Stored items

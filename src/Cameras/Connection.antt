-- ===== src/Cameras/Connection.antt =====
-- The connection of a channel: what holds between two steps, and what a send does.
use model_lib.Prelude.{
  ℕ, ◌≡◌, refl, Bool, true, false, not, ◌&&◌, ◌||◌, List, [], ◌∷◌, ◌++◌, none, some, if◌then◌else◌,
  is_some, arith,
}
use model_lib.Text.{Bytes}
use model_lib.Arms.Link.{opt_list}
use model_lib.Cameras.Server.{
  Channel, new_channel, CameraReceived, bytes, failure, mark_disconnected, accept, is_nil,
  next_round, end_receiver, camera_receive, send_on, send_to_camera,
}

-- What happens to a channel while the server runs.
pub data ChannelEvent : Type 0 where
  accepts : ℕ → Bytes → ChannelEvent
  receives : CameraReceived → ChannelEvent
  sends : (ℕ → Bool) → Bytes → ChannelEvent

unfoldable pub channel_step : ChannelEvent → Channel → Channel
unfolding accept camera_receive send_to_camera
channel_step (accepts client address) c = accept client address c
channel_step (receives r) c = (camera_receive true r c).0
channel_step (sends works payload) c = (send_to_camera works payload c).0

unfoldable pub run_channel : List ChannelEvent → Channel → Channel
unfolding channel_step
run_channel [] c = c
run_channel (e ∷ es) c = run_channel es (channel_step e c)

-- A channel is connected exactly where it has a socket, and an address; and then a thread reads.
abbrev pub IsValid : Channel → Type 0
IsValid c =
    (is_some c.client_socket ≡ c.connected)
    × (is_some c.address ≡ c.connected)
    × (c.connected ≡ true → is_some c.reading ≡ true)

pub camera_receive-IsValid :
    (r : CameraReceived) (c : Channel) → IsValid c → IsValid (camera_receive true r c).0
unfolding camera_receive end_receiver next_round mark_disconnected
camera_receive-IsValid failure c v = ground arith
camera_receive-IsValid (bytes []) c v = ground arith
camera_receive-IsValid (bytes (b ∷ bs)) c v = ground arith

pub send_to_camera-IsValid :
    (works : ℕ → Bool) (payload : Bytes) (c : Channel)
    → IsValid c
    → IsValid (send_to_camera works payload c).0
unfolding send_to_camera send_on mark_disconnected
send_to_camera-IsValid works [] c v = v
send_to_camera-IsValid works (b ∷ bs) c v = ground arith

pub accept-IsValid :
    (client : ℕ) (address : Bytes) (c : Channel) → IsValid c → IsValid (accept client address c)
unfolding accept
accept-IsValid client address c v = ground arith

channel_step-IsValid : (e : ChannelEvent) (c : Channel) → IsValid c → IsValid (channel_step e c)
unfolding channel_step
channel_step-IsValid (accepts client address) c v = accept-IsValid client address c v
channel_step-IsValid (receives r) c v = camera_receive-IsValid r c v
channel_step-IsValid (sends works payload) c v = send_to_camera-IsValid works payload c v

run_channel-IsValid :
    (es : List ChannelEvent) (c : Channel) → IsValid c → IsValid (run_channel es c)
unfolding run_channel
run_channel-IsValid [] c v = v
run_channel-IsValid (e ∷ es) c v =
    run_channel-IsValid es (channel_step e c) (channel_step-IsValid e c v)

-- Whatever clients, data, failures and sends come to a channel in any order, it counts as connected
-- exactly where it has a client's socket, and an address, and then a thread reads.
pub run_channel-new_channel-IsValid :
    (es : List ChannelEvent) → IsValid (run_channel es new_channel)
run_channel-new_channel-IsValid es = run_channel-IsValid es new_channel (ground arith)

send_to_camera-connected :
    (works : ℕ → Bool) (payload : Bytes) (c : Channel) (s : ℕ)
    → c.client_socket ≡ some s
    → c.connected ≡ true
    → let (next, ok) = send_to_camera works payload c in
      (ok ≡ (not (is_nil payload) && works s))
      × (next.sent ≡ (if ok then c.sent ++ (s, payload) ∷ [] else c.sent))
      × (next.connected ≡ (is_nil payload || works s))
      × (next.closed ≡ (if next.connected then c.closed else s ∷ c.closed))
unfolding send_to_camera send_on mark_disconnected
send_to_camera-connected works [] c s h k = ground arith
send_to_camera-connected works (b ∷ bs) c s h k = ground arith

-- Over a channel that is not connected nothing is sent. Over a connected one a send reports success
-- exactly where there is a payload and the socket takes it; then the payload went out once. Otherwise
-- nothing goes out, and a socket that refuses a payload is closed and the channel disconnected.
pub send_to_camera-sent :
    (works : ℕ → Bool) (payload : Bytes) (c : Channel)
    → ((c.connected && is_some c.client_socket) ≡ false
        → send_to_camera works payload c ≡ (c, false))
      × ((s : ℕ)
          → c.client_socket ≡ some s
          → c.connected ≡ true
          → let (next, ok) = send_to_camera works payload c in
            (ok ≡ (not (is_nil payload) && works s))
            × (next.sent ≡ (if ok then c.sent ++ (s, payload) ∷ [] else c.sent))
            × (next.connected ≡ (is_nil payload || works s))
            × (next.closed ≡ (if next.connected then c.closed else s ∷ c.closed)))
unfolding send_to_camera
send_to_camera-sent works [] c = (λ h. refl, send_to_camera-connected works [] c)
send_to_camera-sent works (b ∷ bs) c =
    (λ h. ground arith, send_to_camera-connected works (b ∷ bs) c)

-- A client that takes the place of a connected one loses its connection: the thread still reads the
-- socket before it, which is closed, and when that read fails the thread closes the new client's
-- socket and ends.
pub accept-camera_receive-replaced :
    (client : ℕ) (address : Bytes) (c : Channel) (s : ℕ)
    → c.reading ≡ some s
    → ((accept client address c).reading ≡ some s)
      × let next = (camera_receive true failure (accept client address c)).0 in
        (next.connected ≡ false)
        × (next.reading ≡ none)
        × (next.closed ≡ client ∷ (opt_list c.client_socket ++ c.closed))
unfolding accept camera_receive end_receiver mark_disconnected
accept-camera_receive-replaced client address c s h = (rw h refl, (refl, refl, refl))
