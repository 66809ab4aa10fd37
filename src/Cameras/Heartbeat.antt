-- ===== src/Cameras/Heartbeat.antt =====
-- Which data from a camera are taken for a heartbeat and dropped.
use model_lib.Prelude.{
  ℕ, ◌≡◌, ◌⊎◌, ◌↔◌, refl, sym, ap, ◌∙◌, subst, Bool, true, false, ◌&&◌, ◌||◌, [], ◌∷◌, ◌++◌, map,
  leb, ◌==◌, ==_iff, length, All-append, inl, inr, arith,
}
use model_lib.Text.{Bytes, bytes_eq}
use model_lib.Text.Span.{Satisfies}
use model_lib.Text.Strip.{strip_by, strip_by_sound, strip_by-all, strip_by-one}
use model_lib.Parser.Counts.{upper_char}
use model_lib.Cameras.Server.{is_filler, all_zero, is_nil, heartbeat_max_len, is_heartbeat}

-- Only filler, or one letter H with filler around it.
pub data IsHeartbeat : Bytes → Type 0 where
  filler : (text : Bytes) → Satisfies is_filler text → IsHeartbeat text
  letter :
      (before : Bytes) (c : ℕ) (after : Bytes)
      → Satisfies is_filler before
      → (upper_char c ≡ b'H')
      → Satisfies is_filler after
      → IsHeartbeat (before ++ c ∷ after)

all_zero-filler : (text : Bytes) → all_zero text ≡ true → Satisfies is_filler text
unfolding all_zero is_filler
all_zero-filler [] h = tt
all_zero-filler (c ∷ cs) h = (ground (arith, h), all_zero-filler cs (ground (arith, h)))

letter-NotFiller : (c : ℕ) → upper_char c ≡ b'H' → is_filler c ≡ false
unfolding is_filler
letter-NotFiller c h = ground arith

-- What is left after the stripping.
abbrev rest_test : Bytes → Bool
rest_test stripped =
    is_nil stripped || (bytes_eq (map upper_char stripped) (b'H' ∷ []) && length stripped == 1)

stripped-IsHeartbeat :
    (before stripped after : Bytes)
    → Satisfies is_filler before
    → Satisfies is_filler after
    → rest_test stripped ≡ true
    → IsHeartbeat (before ++ (stripped ++ after))
unfolding bytes_eq
stripped-IsHeartbeat before [] after h k e =
    filler (before ++ after) (All-append _ before after h k)
stripped-IsHeartbeat before (c ∷ []) after h k e =
    letter before c after h ((==_iff (upper_char c) b'H').0 (ground (arith, e))) k
stripped-IsHeartbeat before (c ∷ d ∷ ds) after h k e = absurd (ground (arith, e))

-- The zero test finds nothing that the stripping does not find.
or_zero : (a b c : Bool) → (a || (b || c)) ≡ true → (a ≡ true) ⊎ ((b ≡ true) ⊎ (c ≡ true))
or_zero true b c h = inl refl
or_zero false true c h = inr (inl refl)
or_zero false false c h = inr (inr h)

or_rest : (a b c : Bool) → c ≡ true → (a || (b || c)) ≡ true
or_rest a b c h = ground arith

nil-IsHeartbeat : (text : Bytes) → is_nil text ≡ true → IsHeartbeat text
nil-IsHeartbeat [] h = filler [] tt
nil-IsHeartbeat (c ∷ cs) h = absurd (ground (arith, h))

rest_test-one : (c : ℕ) → upper_char c ≡ b'H' → rest_test (c ∷ []) ≡ true
unfolding bytes_eq
rest_test-one c h = ground (arith, h)

IsHeartbeat-rest_test :
    (text : Bytes) → IsHeartbeat text → rest_test (strip_by is_filler text) ≡ true
IsHeartbeat-rest_test text (filler t h) = ap rest_test (strip_by-all is_filler t h)
IsHeartbeat-rest_test text (letter before c after h k l) =
    ap rest_test (strip_by-one is_filler before c after h (letter-NotFiller c k) l)
    ∙ rest_test-one c k

rest_test-IsHeartbeat :
    (text : Bytes) → rest_test (strip_by is_filler text) ≡ true → IsHeartbeat text
rest_test-IsHeartbeat text e =
    let (before, after, same, h, k) = strip_by_sound is_filler text in
    subst IsHeartbeat (sym same) (stripped-IsHeartbeat before (strip_by is_filler text) after h k e)

is_zero-IsHeartbeat :
    (text : Bytes)
    → (leb (length text) heartbeat_max_len && all_zero text) ≡ true
    → IsHeartbeat text
is_zero-IsHeartbeat text h = filler text (all_zero-filler text (ground (arith, h)))

-- Data count as a heartbeat exactly where they are only zero bytes, blanks and line ends, of any
-- length, or one letter h or H with such bytes around it.
pub is_heartbeat_iff : (bytes' : Bytes) → (is_heartbeat bytes' ≡ true) ↔ IsHeartbeat bytes'
unfolding is_heartbeat
is_heartbeat_iff bytes' =
    let zeros = leb (length bytes') heartbeat_max_len && all_zero bytes' in
    let rest = rest_test (strip_by is_filler bytes') in
    (
      λ h. elim (or_zero (is_nil bytes') zeros rest h) [
        | inl e ↦ nil-IsHeartbeat bytes' e
        | inr (inl e) ↦ is_zero-IsHeartbeat bytes' e
        | inr (inr e) ↦ rest_test-IsHeartbeat bytes' e
      ],
      λ h. or_rest (is_nil bytes') zeros rest (IsHeartbeat-rest_test bytes' h),
    )
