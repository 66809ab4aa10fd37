-- ===== src/Cameras/Started.antt =====
-- How the server starts and stops.
use model_lib.Prelude.{
  ℕ, ◌≡◌, true, false, not, ◌&&◌, ◌||◌, Option, none, some, if◌then◌else◌, is_some, arith,
}
use model_lib.Cameras.Server.{
  Channel, CameraServer, mark_disconnected, stop_channel, stop_server, start_3d, start_2d,
  start_server,
}

abbrev pub IsClosed : Channel → Type 0
IsClosed c = (c.client_socket ≡ none) × (c.server ≡ none) × (c.connected ≡ false)

abbrev pub IsStopped : CameraServer → Type 0
IsStopped s = (s.running ≡ false) × IsClosed s.channel_2d × IsClosed s.channel_3d

-- A server that does not run starts exactly where the port of the 2D camera, and that of the 3D
-- camera if it is enabled, can be listened on. Then it runs and listens on those; otherwise it has
-- stopped, without a listener or a client.
pub start_server-running :
    (a b : Option ℕ) (s : CameraServer)
    → s.running ≡ false
    → s.channel_3d.server ≡ none
    → let (next, ok) = start_server a b s in
      (ok ≡ (is_some a && (not s.camera3d_enabled || is_some b)))
      × (ok ≡ true
          → (next.running ≡ true)
            × (next.channel_2d.server ≡ a)
            × (next.channel_3d.server ≡ (if s.camera3d_enabled then b else none)))
      × (ok ≡ false → IsStopped next)
unfolding start_server start_2d start_3d stop_server stop_channel mark_disconnected
start_server-running none b s h k = ground arith
start_server-running (some a) none s h k = ground arith
start_server-running (some a) (some b) s h k = ground arith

## INSTRUCTIONS TO FOLLOW
The expected answer is a copy of every line in the entries that holds the word "else".

## OUTPUT OF THE TASK
  ℕ, ◌≡◌, refl, Bool, true, false, not, ◌&&◌, ◌||◌, List, [], ◌∷◌, ◌++◌, none, some, if◌then◌else◌,
      × (next.sent ≡ (if ok then c.sent ++ (s, payload) ∷ [] else c.sent))
      × (next.closed ≡ (if next.connected then c.closed else s ∷ c.closed))
            × (next.sent ≡ (if ok then c.sent ++ (s, payload) ∷ [] else c.sent))
            × (next.closed ≡ (if next.connected then c.closed else s ∷ c.closed)))
  ℕ, ◌≡◌, true, false, not, ◌&&◌, ◌||◌, Option, none, some, if◌then◌else◌, is_some, arith,
            × (next.channel_3d.server ≡ (if s.camera3d_enabled then b else none)))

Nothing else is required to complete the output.